**Work instruction**
Nothing is to be left out; print all the entries exactly.
....................
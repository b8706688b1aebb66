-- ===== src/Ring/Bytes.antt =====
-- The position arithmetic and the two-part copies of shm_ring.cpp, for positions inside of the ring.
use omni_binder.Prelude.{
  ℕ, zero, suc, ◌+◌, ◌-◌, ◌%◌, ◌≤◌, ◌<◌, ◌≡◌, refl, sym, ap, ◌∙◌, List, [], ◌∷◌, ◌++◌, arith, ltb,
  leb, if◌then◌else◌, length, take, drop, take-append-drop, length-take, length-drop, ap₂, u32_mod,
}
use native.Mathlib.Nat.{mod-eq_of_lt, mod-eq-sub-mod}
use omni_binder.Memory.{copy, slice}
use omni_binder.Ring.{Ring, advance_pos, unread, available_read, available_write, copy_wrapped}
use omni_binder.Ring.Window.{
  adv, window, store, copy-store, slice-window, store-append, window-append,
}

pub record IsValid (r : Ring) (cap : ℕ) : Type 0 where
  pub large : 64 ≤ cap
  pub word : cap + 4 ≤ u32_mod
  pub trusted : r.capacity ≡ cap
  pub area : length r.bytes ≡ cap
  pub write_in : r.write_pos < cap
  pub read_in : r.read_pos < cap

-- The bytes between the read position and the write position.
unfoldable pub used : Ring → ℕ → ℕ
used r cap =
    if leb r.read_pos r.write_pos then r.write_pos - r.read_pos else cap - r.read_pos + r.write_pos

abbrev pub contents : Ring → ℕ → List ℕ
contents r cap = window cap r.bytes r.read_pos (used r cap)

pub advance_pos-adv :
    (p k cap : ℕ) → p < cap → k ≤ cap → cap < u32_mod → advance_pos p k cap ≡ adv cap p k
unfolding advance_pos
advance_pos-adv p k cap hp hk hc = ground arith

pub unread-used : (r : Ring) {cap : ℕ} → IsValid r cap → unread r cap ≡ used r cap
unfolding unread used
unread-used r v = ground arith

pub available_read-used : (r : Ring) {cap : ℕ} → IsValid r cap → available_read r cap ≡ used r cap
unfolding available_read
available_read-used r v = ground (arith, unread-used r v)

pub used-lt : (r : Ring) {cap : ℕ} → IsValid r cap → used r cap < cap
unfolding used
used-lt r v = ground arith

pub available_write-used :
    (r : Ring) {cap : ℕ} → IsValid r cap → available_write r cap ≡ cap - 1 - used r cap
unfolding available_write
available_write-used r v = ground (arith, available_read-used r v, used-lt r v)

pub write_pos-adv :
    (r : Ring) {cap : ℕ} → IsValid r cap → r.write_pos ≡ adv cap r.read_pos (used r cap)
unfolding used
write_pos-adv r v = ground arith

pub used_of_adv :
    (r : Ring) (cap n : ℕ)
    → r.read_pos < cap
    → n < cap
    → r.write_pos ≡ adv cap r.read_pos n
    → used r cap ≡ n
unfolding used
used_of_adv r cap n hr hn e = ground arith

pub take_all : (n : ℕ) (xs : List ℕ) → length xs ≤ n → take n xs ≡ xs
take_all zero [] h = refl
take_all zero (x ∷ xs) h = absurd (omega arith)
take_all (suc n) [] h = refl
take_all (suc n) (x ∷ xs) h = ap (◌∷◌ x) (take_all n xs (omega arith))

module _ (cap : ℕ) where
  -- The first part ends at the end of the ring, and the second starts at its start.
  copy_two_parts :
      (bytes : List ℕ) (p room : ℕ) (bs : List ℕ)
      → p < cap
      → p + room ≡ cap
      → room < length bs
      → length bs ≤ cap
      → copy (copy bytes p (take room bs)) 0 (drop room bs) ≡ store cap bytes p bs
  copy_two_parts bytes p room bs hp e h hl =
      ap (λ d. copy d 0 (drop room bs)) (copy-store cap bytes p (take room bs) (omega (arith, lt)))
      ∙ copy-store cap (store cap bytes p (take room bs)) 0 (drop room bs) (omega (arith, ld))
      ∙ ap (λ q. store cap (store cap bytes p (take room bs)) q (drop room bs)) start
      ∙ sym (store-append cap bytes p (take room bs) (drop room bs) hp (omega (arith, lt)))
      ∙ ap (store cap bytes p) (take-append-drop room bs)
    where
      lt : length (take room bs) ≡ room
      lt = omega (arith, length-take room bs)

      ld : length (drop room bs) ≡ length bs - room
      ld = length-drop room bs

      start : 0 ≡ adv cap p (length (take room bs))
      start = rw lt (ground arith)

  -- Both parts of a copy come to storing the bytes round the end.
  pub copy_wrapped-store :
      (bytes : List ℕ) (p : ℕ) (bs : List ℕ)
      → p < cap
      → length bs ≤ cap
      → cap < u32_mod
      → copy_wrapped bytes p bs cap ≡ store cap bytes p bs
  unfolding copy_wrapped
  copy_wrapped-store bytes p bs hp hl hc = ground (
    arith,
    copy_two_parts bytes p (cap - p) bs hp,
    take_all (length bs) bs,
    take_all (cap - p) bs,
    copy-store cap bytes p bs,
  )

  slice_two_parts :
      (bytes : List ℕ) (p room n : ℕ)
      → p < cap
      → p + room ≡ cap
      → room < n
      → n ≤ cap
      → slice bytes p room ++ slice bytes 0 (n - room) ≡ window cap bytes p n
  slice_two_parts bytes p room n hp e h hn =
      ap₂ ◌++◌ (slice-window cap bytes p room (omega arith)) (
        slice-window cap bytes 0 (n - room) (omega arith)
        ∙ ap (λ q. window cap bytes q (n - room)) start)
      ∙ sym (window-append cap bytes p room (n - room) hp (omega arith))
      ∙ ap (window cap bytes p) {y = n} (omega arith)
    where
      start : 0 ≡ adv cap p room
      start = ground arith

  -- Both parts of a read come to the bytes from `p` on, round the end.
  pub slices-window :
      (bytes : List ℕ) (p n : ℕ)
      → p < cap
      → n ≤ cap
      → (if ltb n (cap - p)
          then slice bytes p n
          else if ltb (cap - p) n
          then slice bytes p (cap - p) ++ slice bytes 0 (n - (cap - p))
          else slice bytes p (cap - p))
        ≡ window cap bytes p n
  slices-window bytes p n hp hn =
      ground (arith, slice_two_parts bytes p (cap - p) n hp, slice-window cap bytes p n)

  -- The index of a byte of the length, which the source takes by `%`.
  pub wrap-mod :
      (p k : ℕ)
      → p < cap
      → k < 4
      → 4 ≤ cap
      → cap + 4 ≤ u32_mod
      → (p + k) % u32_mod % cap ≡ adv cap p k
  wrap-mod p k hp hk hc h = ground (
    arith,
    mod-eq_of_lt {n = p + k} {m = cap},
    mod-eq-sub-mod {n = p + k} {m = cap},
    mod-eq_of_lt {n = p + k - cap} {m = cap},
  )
....................
**Completed exercise**
repository b8706688b1aebb66
-- ===== src/Ring/Bytes.antt =====
-- The position arithmetic and the two-part copies of shm_ring.cpp, for positions inside of the ring.
use omni_binder.Prelude.{
  ℕ, zero, suc, ◌+◌, ◌-◌, ◌%◌, ◌≤◌, ◌<◌, ◌≡◌, refl, sym, ap, ◌∙◌, List, [], ◌∷◌, ◌++◌, arith, ltb,
  leb, if◌then◌else◌, length, take, drop, take-append-drop, length-take, length-drop, ap₂, u32_mod,
}
use native.Mathlib.Nat.{mod-eq_of_lt, mod-eq-sub-mod}
use omni_binder.Memory.{copy, slice}
use omni_binder.Ring.{Ring, advance_pos, unread, available_read, available_write, copy_wrapped}
use omni_binder.Ring.Window.{
  adv, window, store, copy-store, slice-window, store-append, window-append,
}

pub record IsValid (r : Ring) (cap : ℕ) : Type 0 where
  pub large : 64 ≤ cap
  pub word : cap + 4 ≤ u32_mod
  pub trusted : r.capacity ≡ cap
  pub area : length r.bytes ≡ cap
  pub write_in : r.write_pos < cap
  pub read_in : r.read_pos < cap

-- The bytes between the read position and the write position.
unfoldable pub used : Ring → ℕ → ℕ
used r cap =
    if leb r.read_pos r.write_pos then r.write_pos - r.read_pos else cap - r.read_pos + r.write_pos

abbrev pub contents : Ring → ℕ → List ℕ
contents r cap = window cap r.bytes r.read_pos (used r cap)

pub advance_pos-adv :
    (p k cap : ℕ) → p < cap → k ≤ cap → cap < u32_mod → advance_pos p k cap ≡ adv cap p k
unfolding advance_pos
advance_pos-adv p k cap hp hk hc = ground arith

pub unread-used : (r : Ring) {cap : ℕ} → IsValid r cap → unread r cap ≡ used r cap
unfolding unread used
unread-used r v = ground arith

pub available_read-used : (r : Ring) {cap : ℕ} → IsValid r cap → available_read r cap ≡ used r cap
unfolding available_read
available_read-used r v = ground (arith, unread-used r v)

pub used-lt : (r : Ring) {cap : ℕ} → IsValid r cap → used r cap < cap
unfolding used
used-lt r v = ground arith

pub available_write-used :
    (r : Ring) {cap : ℕ} → IsValid r cap → available_write r cap ≡ cap - 1 - used r cap
unfolding available_write
available_write-used r v = ground (arith, available_read-used r v, used-lt r v)

pub write_pos-adv :
    (r : Ring) {cap : ℕ} → IsValid r cap → r.write_pos ≡ adv cap r.read_pos (used r cap)
unfolding used
write_pos-adv r v = ground arith

pub used_of_adv :
    (r : Ring) (cap n : ℕ)
    → r.read_pos < cap
    → n < cap
    → r.write_pos ≡ adv cap r.read_pos n
    → used r cap ≡ n
unfolding used
used_of_adv r cap n hr hn e = ground arith

pub take_all : (n : ℕ) (xs : List ℕ) → length xs ≤ n → take n xs ≡ xs
take_all zero [] h = refl
take_all zero (x ∷ xs) h = absurd (omega arith)
take_all (suc n) [] h = refl
take_all (suc n) (x ∷ xs) h = ap (◌∷◌ x) (take_all n xs (omega arith))

module _ (cap : ℕ) where
  -- The first part ends at the end of the ring, and the second starts at its start.
  copy_two_parts :
      (bytes : List ℕ) (p room : ℕ) (bs : List ℕ)
      → p < cap
      → p + room ≡ cap
      → room < length bs
      → length bs ≤ cap
      → copy (copy bytes p (take room bs)) 0 (drop room bs) ≡ store cap bytes p bs
  copy_two_parts bytes p room bs hp e h hl =
      ap (λ d. copy d 0 (drop room bs)) (copy-store cap bytes p (take room bs) (omega (arith, lt)))
      ∙ copy-store cap (store cap bytes p (take room bs)) 0 (drop room bs) (omega (arith, ld))
      ∙ ap (λ q. store cap (store cap bytes p (take room bs)) q (drop room bs)) start
      ∙ sym (store-append cap bytes p (take room bs) (drop room bs) hp (omega (arith, lt)))
      ∙ ap (store cap bytes p) (take-append-drop room bs)
    where
      lt : length (take room bs) ≡ room
      lt = omega (arith, length-take room bs)

      ld : length (drop room bs) ≡ length bs - room
      ld = length-drop room bs

      start : 0 ≡ adv cap p (length (take room bs))
      start = rw lt (ground arith)

  -- Both parts of a copy come to storing the bytes round the end.
  pub copy_wrapped-store :
      (bytes : List ℕ) (p : ℕ) (bs : List ℕ)
      → p < cap
      → length bs ≤ cap
      → cap < u32_mod
      → copy_wrapped bytes p bs cap ≡ store cap bytes p bs
  unfolding copy_wrapped
  copy_wrapped-store bytes p bs hp hl hc = ground (
    arith,
    copy_two_parts bytes p (cap - p) bs hp,
    take_all (length bs) bs,
    take_all (cap - p) bs,
    copy-store cap bytes p bs,
  )

  slice_two_parts :
      (bytes : List ℕ) (p room n : ℕ)
      → p < cap
      → p + room ≡ cap
      → room < n
      → n ≤ cap
      → slice bytes p room ++ slice bytes 0 (n - room) ≡ window cap bytes p n
  slice_two_parts bytes p room n hp e h hn =
      ap₂ ◌++◌ (slice-window cap bytes p room (omega arith)) (
        slice-window cap bytes 0 (n - room) (omega arith)
        ∙ ap (λ q. window cap bytes q (n - room)) start)
      ∙ sym (window-append cap bytes p room (n - room) hp (omega arith))
      ∙ ap (window cap bytes p) {y = n} (omega arith)
    where
      start : 0 ≡ adv cap p room
      start = ground arith

  -- Both parts of a read come to the bytes from `p` on, round the end.
  pub slices-window :
      (bytes : List ℕ) (p n : ℕ)
      → p < cap
      → n ≤ cap
      → (if ltb n (cap - p)
          then slice bytes p n
          else if ltb (cap - p) n
          then slice bytes p (cap - p) ++ slice bytes 0 (n - (cap - p))
          else slice bytes p (cap - p))
        ≡ window cap bytes p n
  slices-window bytes p n hp hn =
      ground (arith, slice_two_parts bytes p (cap - p) n hp, slice-window cap bytes p n)

  -- The index of a byte of the length, which the source takes by `%`.
  pub wrap-mod :
      (p k : ℕ)
      → p < cap
      → k < 4
      → 4 ≤ cap
      → cap + 4 ≤ u32_mod
      → (p + k) % u32_mod % cap ≡ adv cap p k
  wrap-mod p k hp hk hc h = ground (
    arith,
    mod-eq_of_lt {n = p + k} {m = cap},
    mod-eq-sub-mod {n = p + k} {m = cap},
    mod-eq_of_lt {n = p + k - cap} {m = cap},
  )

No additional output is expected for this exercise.